FirstRow have been enabling exactly that, much to the annoyance of the FA, who have the copyright in the recordings of all Premier League football matches. Lots of other rights-holders, such as PGA European Tour, are also distressed. They have tried to stop their activities (in the US, some of their domains have been seized) but the company simply springs up in another domain.
FirstRow are infringing the copyright in the ‘Clean Live Feed’ of the matches, which is transmitted to licence holders, for transmitting. It’s quite a complex process, which is best described by Arnold J.
“The streams that are indexed on FirstRow are provided by third party streamers using one of a number of User Generated Content (“UGC”) websites. There are around six or seven such UGC sites which are commonly used for this purpose, one of the most popular of which is called 04stream.com. There are a number of stages to the process.
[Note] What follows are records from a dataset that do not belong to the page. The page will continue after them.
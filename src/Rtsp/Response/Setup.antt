-- ===== src/Rtsp/Response/Setup.antt =====
-- SETUP over the connection's own socket.
use my_rtsp_server.Prelude.{
  ℕ, ◌+◌, ◌<◌, ◌≡◌, refl, sym, ap, ◌∙◌, Bool, true, false, not, Option, none, some, List, ◌++◌,
  arith, subst, ◌==◌, ==_iff, lt→ltb, ◌>>◌, assert, length, Returns, Returns->>=, ◌^◌,
}
use my_rtsp_server.Prelude.Text.{bytes_eq_refl}
use my_rtsp_server.Buffer
use my_rtsp_server.Buffer.{Buffer, peek}
use my_rtsp_server.Buffer.Contents.{IsValid, Holds, append_lem}
use my_rtsp_server.Rtp.Instance.{RtpInstance, new_over_tcp, set_session_id}
use my_rtsp_server.Session.{
  TrackId, track_id_none, track_id0, track_id1, MediaSession, add_rtp_instance,
}
use my_rtsp_server.Rtsp.{RtspConnection}
use my_rtsp_server.Rtsp.Scan.{scan_set}
use my_rtsp_server.Rtsp.World.{World, lookup_media_session, lookup-update_session}
use my_rtsp_server.Rtsp.Answer.{Env, message_buffer, send_message, reply}
use my_rtsp_server.Rtsp.Response.{
  rtp_at, rtcp_at, put_instances, is_some, setup_tcp, setup_track, setup_found, setup_named,
  handle_cmd_setup,
}
use my_rtsp_server.Rtsp.Response.Messages.{CanAnswer, Answered, send_message-Answered, message_fits}

pub Returns-× :
    {A : Type 0} (P Q : A → Type 0) (o : Option A)
    → Returns P o
    → Returns Q o
    → Returns (λ a. P a × Q a) o
Returns-× P Q none p q = p
Returns-× P Q (some a) p q = (p, q)

-- An answer changes the output buffer and what was sent.
unfoldable pub Kept : RtspConnection → Bool × RtspConnection → Type 0
Kept c (done, c') = c' ≡ record c { output_buffer = c'.output_buffer; sent = c'.sent }

pub send_message-Kept :
    (env : Env) (text : List ℕ) (c : RtspConnection) (n : ℕ)
    → CanAnswer env c n
    → length text < 2048
    → Returns (Kept c) (send_message env text c)
unfolding send_message Kept
send_message-Kept env text c n r l =
    Returns->>= (Holds (peek c.output_buffer ++ text)) (Kept c)
      (Buffer.append env.realloc text c.output_buffer) _
      (append_lem env.realloc r.allocates text r.valid (omega (arith, l, r.low))) (λ b held. refl)

-- Who sends over the connection of `c`.
abbrev pub tcp_instance : Env → RtspConnection → RtpInstance
tcp_instance env c =
    set_session_id c.session_id
      (new_over_tcp c.sock_fd c.rtp_channel env.unset_port env.unset_address)

-- What SETUP leaves: the connection points to the new instance, the instance is there, and the
-- session has it.
abbrev pub SetUp :
    Env → List ℕ → MediaSession → RtspConnection → World → Bool × RtspConnection × World → Type 0
SetUp env name s c w (done, c', w') =
    (done ≡ true)
    × (rtp_at c.track_id c' ≡ some (some w.next))
    × (w'.instances w.next ≡ some (tcp_instance env c))
    × (lookup_media_session name w'.sessions ≡ some (add_rtp_instance c.track_id w.next s).1)

pub rtp_at-answered :
    (id : TrackId) (c : RtspConnection) (b : Buffer) (sent : List ℕ)
    → rtp_at id (record c { output_buffer = b; sent = sent }) ≡ rtp_at id c
rtp_at-answered track_id_none c b sent = refl
rtp_at-answered track_id0 c b sent = refl
rtp_at-answered track_id1 c b sent = refl

pub rtp_at-put_instances :
    (id : TrackId) (rtp rtcp : Option ℕ) (c : RtspConnection) {old : Option ℕ}
    → rtp_at id c ≡ some old
    → rtp_at id (put_instances id rtp rtcp c) ≡ some rtp
unfolding put_instances
rtp_at-put_instances track_id_none rtp rtcp c h = cc
rtp_at-put_instances track_id0 rtp rtcp c h = refl
rtp_at-put_instances track_id1 rtp rtcp c h = refl

pub put_instances-output_buffer :
    (id : TrackId) (rtp rtcp : Option ℕ) (c : RtspConnection)
    → (put_instances id rtp rtcp c).output_buffer ≡ c.output_buffer
unfolding put_instances
put_instances-output_buffer track_id_none rtp rtcp c = refl
put_instances-output_buffer track_id0 rtp rtcp c = refl
put_instances-output_buffer track_id1 rtp rtcp c = refl

reply-SetUp :
    (env : Env) (text name : List ℕ) (s t : MediaSession) (c c1 : RtspConnection) (w w1 : World)
    (n : ℕ)
    → CanAnswer env c1 n
    → rtp_at c.track_id c1 ≡ some (some w.next)
    → w1.instances w.next ≡ some (tcp_instance env c)
    → lookup_media_session name w1.sessions ≡ some (add_rtp_instance c.track_id w.next s).1
    → Returns (SetUp env name s c w) (reply env text c1 w1)
unfolding reply Answered Kept
reply-SetUp env text name s t c c1 w w1 n r a b d =
    Returns->>= (λ q. Answered c1 (message_buffer text) n q × Kept c1 q) (SetUp env name s c w)
      (send_message env (message_buffer text) c1) _
      (Returns-× (Answered c1 (message_buffer text) n) (Kept c1)
        (send_message env (message_buffer text) c1)
        (send_message-Answered env (message_buffer text) c1 n r (message_fits text))
        (send_message-Kept env (message_buffer text) c1 n r (message_fits text)))
      (λ q k. (
        k.0.0,
        ap (rtp_at c.track_id) k.1 ∙ rtp_at-answered c.track_id c1 q.1.output_buffer q.1.sent ∙ a,
        b,
        d,
      ))

setup_tcp-SetUp :
    (env : Env) (name : List ℕ) (s : MediaSession) (c : RtspConnection) (w : World) (n : ℕ)
    → CanAnswer env c n
    → rtp_at c.track_id c ≡ some none
    → lookup_media_session name w.sessions ≡ some s
    → Returns (SetUp env name s c w) (setup_tcp env name s c w)
unfolding setup_tcp
setup_tcp-SetUp env name s c w n r free found =
    let c1 = put_instances c.track_id (some w.next) none c in
    let same = put_instances-output_buffer c.track_id (some w.next) none c in
    let ready : CanAnswer env c1 n = record {
      allocates = r.allocates;
      valid = subst (λ b. IsValid b) (sym same) r.valid;
      drained = ap peek same ∙ r.drained;
      low = subst (λ (b : Buffer). b.write_index + 2048 < 2 ^ 32) (sym same) r.low;
      takes = r.takes;
    } in
    reply-SetUp env _ name s s c c1 w _ n ready
      (rtp_at-put_instances c.track_id (some w.next) none c free)
      (rw ((==_iff w.next w.next).1 refl) refl)
      (lookup-update_session name name (add_rtp_instance c.track_id w.next s).1 s w.sessions found
        ∙ rw (bytes_eq_refl name) refl)

pub handle_cmd_setup-setup_track :
    (env : Env) (name rest : List ℕ) (s : MediaSession) (c : RtspConnection) (w : World)
    → scan_set (λ x. not (x == b'/')) c.suffix ≡ some (name, rest)
    → length name < 100
    → lookup_media_session name w.sessions ≡ some s
    → handle_cmd_setup env c w ≡ setup_track env name s c w
unfolding handle_cmd_setup setup_named setup_found
handle_cmd_setup-setup_track env name rest s c w scanned short found =
    ap (λ o. setup_named env o c w) scanned
    ∙ ap (λ b. assert b >> setup_found env name (lookup_media_session name w.sessions) c w)
        (lt→ltb (length name) 100 short)
    ∙ ap (λ o. setup_found env name o c w) found

-- SETUP over the connection's own socket, of a track that the connection has no instance of yet,
-- succeeds: the connection then points to a new instance, which is there with the connection's
-- socket, channel and session id, and is not alive; and the session of the URL is as
-- `AddRtpInstance` with it leaves it. The conditions: the URL names a session in fewer than 100
-- bytes, the connection has described a session that is not multicast, asks for a track of the
-- two, uses RTP over TCP, and can answer (`realloc` does what it documents, its output buffer is
-- valid, empty and has its write index low, and the next write takes some bytes).
pub handle_cmd_setup_tcp :
    (env : Env) (name rest own : List ℕ) (s described : MediaSession) (c : RtspConnection)
    (w : World) (n : ℕ)
    → CanAnswer env c n
    → scan_set (λ x. not (x == b'/')) c.suffix ≡ some (name, rest)
    → length name < 100
    → lookup_media_session name w.sessions ≡ some s
    → rtp_at c.track_id c ≡ some none
    → rtcp_at c.track_id c ≡ some none
    → c.session ≡ some own
    → lookup_media_session own w.sessions ≡ some described
    → described.is_start_multicast ≡ false
    → c.is_rtp_over_tcp ≡ true
    → Returns (SetUp env name s c w) (handle_cmd_setup env c w)
unfolding setup_track is_some
handle_cmd_setup_tcp env name rest own s described c w n r scanned short found free free' mine known
      single tcp =
    subst (Returns (SetUp env name s c w))
      (sym (handle_cmd_setup-setup_track env name rest s c w scanned short found))
      (simp (free, free', mine, known, single, tcp) (setup_tcp-SetUp env name s c w n r free found))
First, the third party streamer digitally captures a broadcast of a live sports event on his or her computer. The captured broadcast may be one that the streamer is watching on his television or computer legally (e.g. via a legitimate subscription) or it may be an illegal stream. Secondly, the streamer sends the captured images in real time to the server of a UGC site. Thirdly, the streamer uses the UGC site to create an “embed code” which enables the stream player to be embedded into a website like FirstRow. Fourthly, the streamer submits the embed code to FirstRow. If it is accepted, it will be listed as a link on FirstRow. It appears that FirstRow has moderators who vet and index these submissions. It is common for multiple links to be listed for each event. These may comprise multiple versions of the same broadcast and/or different broadcasts. Fifthly, the user clicks on the link, thereby enabling the user to watch the stream. ”
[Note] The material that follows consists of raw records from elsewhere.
-- ===== src/Rtsp/Response/Settled.antt =====
-- What an answer and the waking leave of a connection with one instance.
use my_rtsp_server.Prelude.{
  ℕ, suc, ◌≡◌, refl, Bool, true, Option, none, some, List, [], ◌++◌, arith, ◌⊎◌, inl, inr, Returns,
  Returns->>=, Returns-map,
}
use my_rtsp_server.Buffer
use my_rtsp_server.Buffer.{Buffer, peek}
use my_rtsp_server.Buffer.Contents.{IsValid, Holds, append_lem, write_index-retrieve_all}
use my_rtsp_server.Rtp.Instance.{RtpInstance, set_alive}
use my_rtsp_server.Session.{
  TrackId, track_id_none, track_id0, track_id1, MediaSession, add_rtp_instance,
}
use my_rtsp_server.Rtsp.{RtspConnection}
use my_rtsp_server.Rtsp.World.{World, update_session, update}
use my_rtsp_server.Rtsp.Answer.{Env, message_buffer, send_message, reply}
use my_rtsp_server.Rtsp.Response.{rtp_at, put_instances, setup_tcp, wake_rtp, wake_rtcp, wake_all}
use my_rtsp_server.Rtsp.Response.Messages.{CanAnswer, Answered, send_message-Answered, message_fits}
use my_rtsp_server.Rtsp.Response.Setup.{Kept, Returns-×, send_message-Kept, tcp_instance}

-- The connection has no instance.
pub record IsBare (c : RtspConnection) : Type 0 where
  pub rtp0 : c.rtp0 ≡ none
  pub rtp1 : c.rtp1 ≡ none
  pub rtcp0 : c.rtcp0 ≡ none
  pub rtcp1 : c.rtcp1 ≡ none

-- What an answer leaves of a connection: it can answer again.
unfoldable pub Settled : RtspConnection → Bool × RtspConnection → Type 0
Settled c (done, c') =
    (done ≡ true)
    × (c' ≡ record c { output_buffer = c'.output_buffer; sent = c'.sent })
    × IsValid c'.output_buffer
    × (peek c'.output_buffer ≡ [])
    × (c'.output_buffer.write_index ≡ 0)

Lowered : Bool × RtspConnection → Type 0
Lowered (done, c') = c'.output_buffer.write_index ≡ 0

pub send_message-Settled :
    (env : Env) (text : List ℕ) (c : RtspConnection) (n : ℕ)
    → CanAnswer env c n
    → Returns (Settled c) (send_message env (message_buffer text) c)
unfolding Settled Answered Kept Lowered send_message
send_message-Settled env text c n r =
    let m = message_buffer text in
    let sent = send_message env m c in
    let lowered : Returns Lowered sent =
      Returns->>= (Holds (peek c.output_buffer ++ m)) Lowered
        (Buffer.append env.realloc m c.output_buffer) _
        (append_lem env.realloc r.allocates m r.valid (omega (arith, message_fits text, r.low)))
        (λ b held. write_index-retrieve_all b) in
    Returns-map sent (λ q h. (h.0.0, h.1.0, h.0.2, h.0.3, h.1.1))
      (Returns-× (Answered c m n) (λ q. Kept c q × Lowered q) sent
        (send_message-Answered env m c n r (message_fits text))
        (Returns-× (Kept c) Lowered sent (send_message-Kept env m c n r (message_fits text))
          lowered))

-- The world behind SETUP of a track of the session `s`.
abbrev pub set_up : Env → List ℕ → MediaSession → RtspConnection → World → World
set_up env name s c w = record w {
  sessions = update_session name (add_rtp_instance c.track_id w.next s).1 w.sessions;
  instances = update w.next (some (tcp_instance env c)) w.instances;
  next = suc w.next;
}

unfoldable pub SetUpAll :
    Env → List ℕ → MediaSession → RtspConnection → World → Bool × RtspConnection × World → Type 0
SetUpAll env name s c w (done, c', w') =
    Settled (put_instances c.track_id (some w.next) none c) (done, c')
    × (w' ≡ set_up env name s c w)

pub setup_tcp-SetUpAll :
    (env : Env) (name : List ℕ) (s : MediaSession) (c : RtspConnection) (w : World) (n : ℕ)
    → CanAnswer env (put_instances c.track_id (some w.next) none c) n
    → Returns (SetUpAll env name s c w) (setup_tcp env name s c w)
unfolding setup_tcp reply SetUpAll
setup_tcp-SetUpAll env name s c w n r =
    let c1 = put_instances c.track_id (some w.next) none c in
    Returns->>= (Settled c1) (SetUpAll env name s c w) (send_message env (message_buffer _) c1) _
      (send_message-Settled env _ c1 n r) (λ q settled. (settled, refl))

pub put_instances-CanAnswer :
    (env : Env) (id : TrackId) (rtp : Option ℕ) (c : RtspConnection) (n : ℕ)
    → CanAnswer env c n
    → CanAnswer env (put_instances id rtp none c) n
unfolding put_instances
put_instances-CanAnswer env track_id_none rtp c n r = r
put_instances-CanAnswer env track_id0 rtp c n r = record {
  allocates = r.allocates;
  valid = r.valid;
  drained = r.drained;
  low = r.low;
  takes = r.takes;
}
put_instances-CanAnswer env track_id1 rtp c n r = record {
  allocates = r.allocates;
  valid = r.valid;
  drained = r.drained;
  low = r.low;
  takes = r.takes;
}

-- The connection's only instance is at `p`.
abbrev pub HasOnly : ℕ → RtspConnection → Type 0
HasOnly p c =
    (((c.rtp0 ≡ some p) × (c.rtp1 ≡ none)) ⊎ ((c.rtp0 ≡ none) × (c.rtp1 ≡ some p)))
    × (c.rtcp0 ≡ none)
    × (c.rtcp1 ≡ none)

pub wake_all-HasOnly :
    (p : ℕ) (i : RtpInstance) (c : RtspConnection) (w : World)
    → HasOnly p c
    → w.instances p ≡ some i
    → wake_all c w ≡ some (record w { instances = update p (some (set_alive true i)) w.instances })
unfolding wake_all wake_rtp wake_rtcp
wake_all-HasOnly p i c w (inl (a, b), d, e) h = simp (a, b, d, e, h) refl
wake_all-HasOnly p i c w (inr (a, b), d, e) h = simp (a, b, d, e, h) refl

pub put_instances-HasOnly :
    (id : TrackId) (p : ℕ) (c : RtspConnection)
    → rtp_at id c ≡ some none
    → IsBare c
    → HasOnly p (put_instances id (some p) none c)
unfolding put_instances
put_instances-HasOnly track_id_none p c known bare = cc
put_instances-HasOnly track_id0 p c known bare = (inl (refl, bare.rtp1), refl, bare.rtcp1)
put_instances-HasOnly track_id1 p c known bare = (inr (bare.rtp0, refl), bare.rtcp0, refl)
FirstRow is bigger than FT.com and LastMinute.com. This means that it is able to generate vast streams of income – notably from companies such as Bet365.com. ( The FA’s expert estimated a revenue of between five and nine million annually!) FirstRow is even being used in Pubs across the UK, and averages around 10 million users worldwide.
FirstRow operates under false names and addresses, from a multitude of domains, making it impossible to find them. Cease and Desist letters have been ignored. The FA had no option but to turn to the law, and ask for an injunction. And that, in a nutshell, is what the case of FOOTBALL ASSOCIATION PREMIER LEAGUE LTD v BRITISH SKY BROADCASTING LTD & 5 ORS  EWHC 2058 (Ch) was about. What makes this case stand out from other recent media law copyright cases, is that it is not about peer2peer infringment. Using s97A of the Copyright Designs and Patents Act 1988, the claimants asked for an injunction against the service providers – such as BSkyB, TalkTalk, Virgin and BT. This was not defended …..no surprises there! They didn’t even turn up for the hearing! Those service providers must now take down any of the FirstRow sites that they are aware of.
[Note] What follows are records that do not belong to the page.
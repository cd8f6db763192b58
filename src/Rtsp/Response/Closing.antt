-- ===== src/Rtsp/Response/Closing.antt =====
-- From SETUP over the connection's own socket to the destructors that close it.
use my_rtsp_server.Prelude.{
  ℕ, ◌<◌, ◌≡◌, refl, sym, ap, ◌∙◌, Bool, true, false, not, Option, none, some, List, ◌∷◌, ◌==◌,
  ==_iff, subst, length, inl, inr, Returns, Returns-map,
}
use my_rtsp_server.Poller.{Poller}
use my_rtsp_server.Rtp.Instance.{new_over_tcp, set_session_id}
use my_rtsp_server.Session.{
  TrackId, track_id_none, track_id0, track_id1, MediaSession, add_rtp_instance,
}
use my_rtsp_server.Rtsp.{RtspConnection}
use my_rtsp_server.Rtsp.Scan.{scan_set}
use my_rtsp_server.Rtsp.World.{World, lookup_media_session, lookup-update_session-some}
use my_rtsp_server.Rtsp.Answer.{Env}
use my_rtsp_server.Rtsp.Response.{
  rtp_at, rtcp_at, put_instances, is_some, setup_tcp, setup_track, handle_cmd_setup,
  delete_rtp_instance, delete_rtcp_instance, release_track, destroy, delete_connection,
}
use my_rtsp_server.Rtsp.Response.Messages.{CanAnswer}
use my_rtsp_server.Rtsp.Response.Setup.{tcp_instance, handle_cmd_setup-setup_track}
use my_rtsp_server.Rtsp.Response.Settled.{
  IsBare, Settled, set_up, SetUpAll, setup_tcp-SetUpAll, HasOnly, put_instances-HasOnly,
  put_instances-CanAnswer,
}

-- The instance at `p` is gone, and the descriptor has been closed twice.
abbrev pub ClosedTwice : ℕ → ℕ → List ℕ → World × Poller → Type 0
ClosedTwice fd p closed (w, poller) = (w.closed ≡ fd ∷ fd ∷ closed) × (w.instances p ≡ none)

put_instances-same :
    (id : TrackId) (rtp rtcp : Option ℕ) (c : RtspConnection)
    → ((put_instances id rtp rtcp c).sock_fd ≡ c.sock_fd)
      × ((put_instances id rtp rtcp c).session ≡ c.session)
unfolding put_instances
put_instances-same track_id_none rtp rtcp c = (refl, refl)
put_instances-same track_id0 rtp rtcp c = (refl, refl)
put_instances-same track_id1 rtp rtcp c = (refl, refl)

delete_connection-HasOnly :
    (env : Env) (own : List ℕ) (s : MediaSession) (p : ℕ) (c c1 : RtspConnection) (w : World)
    (poller : Poller)
    → HasOnly p c1
    → c1.sock_fd ≡ c.sock_fd
    → c1.session ≡ some own
    → lookup_media_session own w.sessions ≡ some s
    → w.instances p ≡ some (tcp_instance env c)
    → Returns (ClosedTwice c.sock_fd p w.closed) (delete_connection c1 w poller)
unfolding delete_connection destroy release_track delete_rtp_instance delete_rtcp_instance
    set_session_id new_over_tcp
delete_connection-HasOnly env own s p c c1 w poller (inl (a, b), d, e) fd q known at =
    simp (a, b, d, e, q, known, at, fd) (refl, rw ((==_iff p p).1 refl) refl)
delete_connection-HasOnly env own s p c c1 w poller (inr (a, b), d, e) fd q known at =
    simp (a, b, d, e, q, known, at, fd) (refl, rw ((==_iff p p).1 refl) refl)

-- A connection over TCP closes its socket twice. A connection that has no instance asks for a
-- track over its own socket: SETUP succeeds, and when the connection is deleted then, nothing
-- faults, the new instance is gone, and the destructors have closed the connection's socket two
-- times, the instance's first and then the connection's, and nothing else. The conditions: the URL
-- names a session that the server keeps, in fewer than 100 bytes; the connection has described a
-- session that the server keeps and that is not multicast, uses RTP over TCP, and can answer
-- (`realloc` does what it documents, its output buffer is valid, empty and has its write index
-- low, and the next write takes some bytes).
pub handle_cmd_setup-delete_connection :
    (env : Env) (name rest own : List ℕ) (s described : MediaSession) (c : RtspConnection)
    (w : World) (poller : Poller) (n : ℕ)
    → CanAnswer env c n
    → scan_set (λ x. not (x == b'/')) c.suffix ≡ some (name, rest)
    → length name < 100
    → lookup_media_session name w.sessions ≡ some s
    → rtp_at c.track_id c ≡ some none
    → rtcp_at c.track_id c ≡ some none
    → IsBare c
    → c.session ≡ some own
    → lookup_media_session own w.sessions ≡ some described
    → described.is_start_multicast ≡ false
    → c.is_rtp_over_tcp ≡ true
    → Returns
        (λ (done, c1, w1).
          (done ≡ true)
          × Returns (ClosedTwice c.sock_fd w.next w.closed) (delete_connection c1 w1 poller))
        (handle_cmd_setup env c w)
unfolding setup_track is_some Settled SetUpAll
handle_cmd_setup-delete_connection env name rest own s described c w poller n r scanned short found
      known known' bare mine is_known single tcp =
    let Closes : Bool × RtspConnection × World → Type 0 = λ (done, c1, w1).
      (done ≡ true)
      × Returns (ClosedTwice c.sock_fd w.next w.closed) (delete_connection c1 w1 poller) in
    let cp = put_instances c.track_id (some w.next) none c in
    let (fd, same) = put_instances-same c.track_id (some w.next) none c in
    let only = put_instances-HasOnly c.track_id w.next c known bare in
    let (s', kept) =
      lookup-update_session-some name own (add_rtp_instance c.track_id w.next s).1 s described
        w.sessions found is_known in
    subst (Returns Closes)
      (sym (handle_cmd_setup-setup_track env name rest s c w scanned short found))
      (simp (known, known', mine, is_known, single, tcp)
        (Returns-map (setup_tcp env name s c w)
          (λ (done, c1, w1) h. (
            h.0.0,
            subst
                (λ (v : World).
                  Returns (ClosedTwice c.sock_fd w.next w.closed) (delete_connection c1 v poller))
                (sym h.1)
                (delete_connection-HasOnly env own s' w.next c c1 (set_up env name s c w) poller
                  (subst (HasOnly w.next) (sym h.0.1) only)
                  (ap (λ (d : RtspConnection). d.sock_fd) h.0.1 ∙ fd)
                  (ap (λ (d : RtspConnection). d.session) h.0.1 ∙ same ∙ mine) kept
                  (rw ((==_iff w.next w.next).1 refl) refl)),
          ))
          (setup_tcp-SetUpAll env name s c w n
            (put_instances-CanAnswer env c.track_id (some w.next) c n r))))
Having won their match, the tournament now begins. FirstRow are reported to have said that as their users are mostly ‘kids who cannot afford to pay to watch the games’, they have no intention of stopping streaming. Many users will, in any case, be knowledgeable enough to circumvent the blocking measures, and of course, the site is hosted outside the UK, making it outside the reach of UK law.
I didn’t have a picture of a mole. It was this or a rabbit. Watch out for the rabbit at a later date…….
I watch with interest to see whether that’s the latest game to make it on to the FirstRow fixtures list!
Although I don’t pay for sports channels (though my Mr would probably be happy if I did!) I used to do so, for all my sons to enjoy. I would think it must be quite galling for those that pay the price, seeing others piggybacking off their monthly subscription fees.